Go and Third-Party APIs: Surviving Partial Failures
Payment succeeded. Inventory reserved. Shipping label creation failed.
Welcome to partial failure: the normal state of distributed workflows.
Why This Hurts
If you model a multi-step workflow as one happy-path transaction, you end up with stranded state when any external step fails.
Practical Saga Pattern
Model each step with a forward action and a compensation action:
- Reserve inventory
- Charge payment
- Create shipment
If step 3 fails, compensate:
- Refund payment
- Release inventory
Go Structure
type Step struct {
Do func(context.Context) error
Undo func(context.Context) error
}
func RunSaga(ctx context.Context, steps []Step) error {
completed := make([]Step, 0, len(steps))
for _, s := range steps {
if err := s.Do(ctx); err != nil {
for i := len(completed) - 1; i >= 0; i-- {
_ = completed[i].Undo(ctx)
}
return err
}
completed = append(completed, s)
}
return nil
}
Production Tips
- Persist saga state so recovery survives process restarts.

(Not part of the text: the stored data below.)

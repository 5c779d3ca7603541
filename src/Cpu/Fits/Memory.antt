-- ===== src/Cpu/Fits/Memory.antt =====
-- The translation of src/cpu/paging.c, over a bus that gives words of 64 bits.
use risc_v_virtual_machine.Common.{
  ◌&&◌, zero, suc, ◌*◌, ◌==◌, add64, field, sym, ℕ, arith, ◌<◌, ◌^◌, Bool, true, false, not,
  if◌then◌else◌,
}
use risc_v_virtual_machine.Bus.{Bus}
use risc_v_virtual_machine.Cpu.{Machine}
use risc_v_virtual_machine.Cpu.Paging.{
  AccessType, error_code, sv39_leaf, sv39_walk, sv39, translate_address,
}
use risc_v_virtual_machine.Cpu.Confined.Translation.{cpu-translate_address}
use mathlib.Core.Path.{subst}
use risc_v_virtual_machine.Bits.{bit_or-lt}
use risc_v_virtual_machine.Cpu.Csr.Names
use risc_v_virtual_machine.Cpu.Paging.{
  TranslationError, is_store, is_misaligned, check_priviledge, check_access, pte_bit, updated_pte,
  is_malformed, is_leaf, vpn, check_upper_bits,
}
use risc_v_virtual_machine.Cpu.Access.{LoadResult}
use risc_v_virtual_machine.Cpu.Fits.{Fits}
use risc_v_virtual_machine.Cpu.Fits.Values.{if-lt}

-- The contexts of a bus that an access keeps, and that give only words that fit.
pub record Sound {S : Type 0} ⦃bus : Bus S⦄ (I : S → Type 0) : Type 0 where
  pub read8_lt : (s : S) (addr : ℕ) → I s → (bus.read8 s addr).0 < 2 ^ 64
  pub read16_lt : (s : S) (addr : ℕ) → I s → (bus.read16 s addr).0 < 2 ^ 64
  pub read32_lt : (s : S) (addr : ℕ) → I s → (bus.read32 s addr).0 < 2 ^ 32
  pub read64_lt : (s : S) (addr : ℕ) → I s → (bus.read64 s addr).0 < 2 ^ 64
  pub read8_keeps : (s : S) (addr : ℕ) → I s → I (bus.read8 s addr).1
  pub read16_keeps : (s : S) (addr : ℕ) → I s → I (bus.read16 s addr).1
  pub read32_keeps : (s : S) (addr : ℕ) → I s → I (bus.read32 s addr).1
  pub read64_keeps : (s : S) (addr : ℕ) → I s → I (bus.read64 s addr).1
  pub write8_keeps : (s : S) (addr value : ℕ) → I s → value < 256 → I (bus.write8 s addr value)
  pub write16_keeps : (s : S) (addr value : ℕ) → I s → value < 2 ^ 16 → I (bus.write16 s addr value)
  pub write32_keeps : (s : S) (addr value : ℕ) → I s → value < 2 ^ 32 → I (bus.write32 s addr value)
  pub write64_keeps : (s : S) (addr value : ℕ) → I s → value < 2 ^ 64 → I (bus.write64 s addr value)

-- The processor's words fit, and the devices are as the bus wants them.
pub record Valid {S : Type 0} (I : S → Type 0) (m : Machine S) : Type 0 where
  pub fits : Fits m.cpu
  pub devices : I m.ctx

-- A value that fits, and a valid machine.
abbrev pub Loaded : {S : Type 0} → (S → Type 0) → LoadResult × Machine S → Type 0
Loaded I p = (p.0.value < 2 ^ 64) × Valid I p.1

pub error_code-lt : (r : TranslationError) → error_code r < 2 ^ 64
error_code-lt r = ground arith

updated_pte-lt : (pte : ℕ) (access : AccessType) → pte < 2 ^ 64 → updated_pte pte access < 2 ^ 64
unfolding updated_pte
updated_pte-lt pte access h =
    let accessed = if-lt (not (pte_bit pte 6)) _ pte (bit_or-lt 64 pte (2 ^ 6) h (omega arith)) h in
    if-lt (is_store access && not (pte_bit pte 7)) _ _
      (bit_or-lt 64 _ (2 ^ 7) accessed (omega arith)) accessed

module _ {S : Type 0} ⦃bus : Bus S⦄ {I : S → Type 0} (sound : Sound I) where
  ctx-if :
      {A : Type 0} (test : Bool) (x y : A × Machine S)
      → I x.1.ctx
      → I y.1.ctx
      → I (if test then x else y).1.ctx
  ctx-if true x y h k = h
  ctx-if false x y h k = k

  ctx-sv39_leaf :
      (va : ℕ) (access : AccessType) (priv level pte_addr pte : ℕ) (m : Machine S)
      → pte < 2 ^ 64
      → I m.ctx
      → I (sv39_leaf va access priv level pte_addr pte m).1.ctx
  unfolding sv39_leaf
  ctx-sv39_leaf va access priv level pte_addr pte m h v = ctx-if (is_misaligned level pte) _ _ v (
      ctx-if (not (check_priviledge m.cpu priv (pte_bit pte 4) access)) _ _ v (
        ctx-if (not (check_access m.cpu pte access)) _ _ v
          (stored (not (updated_pte pte access == pte)))))
    where
      stored :
          (test : Bool)
          → I
              (if test
                then record m { ctx = bus.write64 m.ctx pte_addr (updated_pte pte access) }
                else m).ctx
      stored true =
          sound.write64_keeps m.ctx pte_addr (updated_pte pte access) v
            (updated_pte-lt pte access h)
      stored false = v

  ctx-sv39_walk :
      (va : ℕ) (access : AccessType) (priv level table : ℕ) (m : Machine S)
      → I m.ctx
      → I (sv39_walk va access priv level table m).1.ctx
  unfolding sv39_walk
  ctx-sv39_walk va access priv zero table m v =
      let addr = add64 table (vpn va 0 * 8) in
      let pte = (bus.read64 m.ctx addr).0 in
      let kept = sound.read64_keeps m.ctx addr v in
      ctx-if (is_malformed pte) _ _ kept (
        ctx-if (not (is_leaf pte)) _ _ kept (
          ctx-sv39_leaf va access priv 0 addr pte (record m { ctx = (bus.read64 m.ctx addr).1 })
            (sound.read64_lt m.ctx addr v) kept))
  ctx-sv39_walk va access priv (suc i) table m v =
      let addr = add64 table (vpn va (suc i) * 8) in
      let pte = (bus.read64 m.ctx addr).0 in
      let kept = sound.read64_keeps m.ctx addr v in
      ctx-if (is_malformed pte) _ _ kept (
        ctx-if (not (is_leaf pte)) _ _
          (ctx-sv39_walk va access priv i _ (record m { ctx = (bus.read64 m.ctx addr).1 }) kept)
          (ctx-sv39_leaf va access priv (suc i) addr pte
            (record m { ctx = (bus.read64 m.ctx addr).1 }) (sound.read64_lt m.ctx addr v) kept))

  pub translate_address-Valid :
      (va : ℕ) (access : AccessType) (m : Machine S)
      → Valid I m
      → Valid I (translate_address va access m).1
  unfolding translate_address sv39
  translate_address-Valid va access m v = record {
    fits = subst (λ cpu. Fits cpu) (sym (cpu-translate_address va access m)) v.fits;
    devices = ctx-if _ _ _ v.devices (
        ctx-if (field (m.cpu.csrs Names.csr_satp) 60 4 == 8) _ _
          (ctx-if (not (check_upper_bits va)) _ _ v.devices
            (ctx-sv39_walk va access _ 2 _ m v.devices))
          v.devices);
  }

- Make compensations idempotent.
- Alert on stuck sagas, not just failed requests.
What Went Wrong in My Incident
- What alerted first: Support tickets reported failed orders with successful payment captures.
- What misled us: Request status showed failure, so we assumed no side effects were committed.
- What confirmed root cause: Step-by-step audit logs exposed completed upstream actions without matching compensations.
Strong systems are not the ones that avoid partial failure. They are the ones designed to recover from it.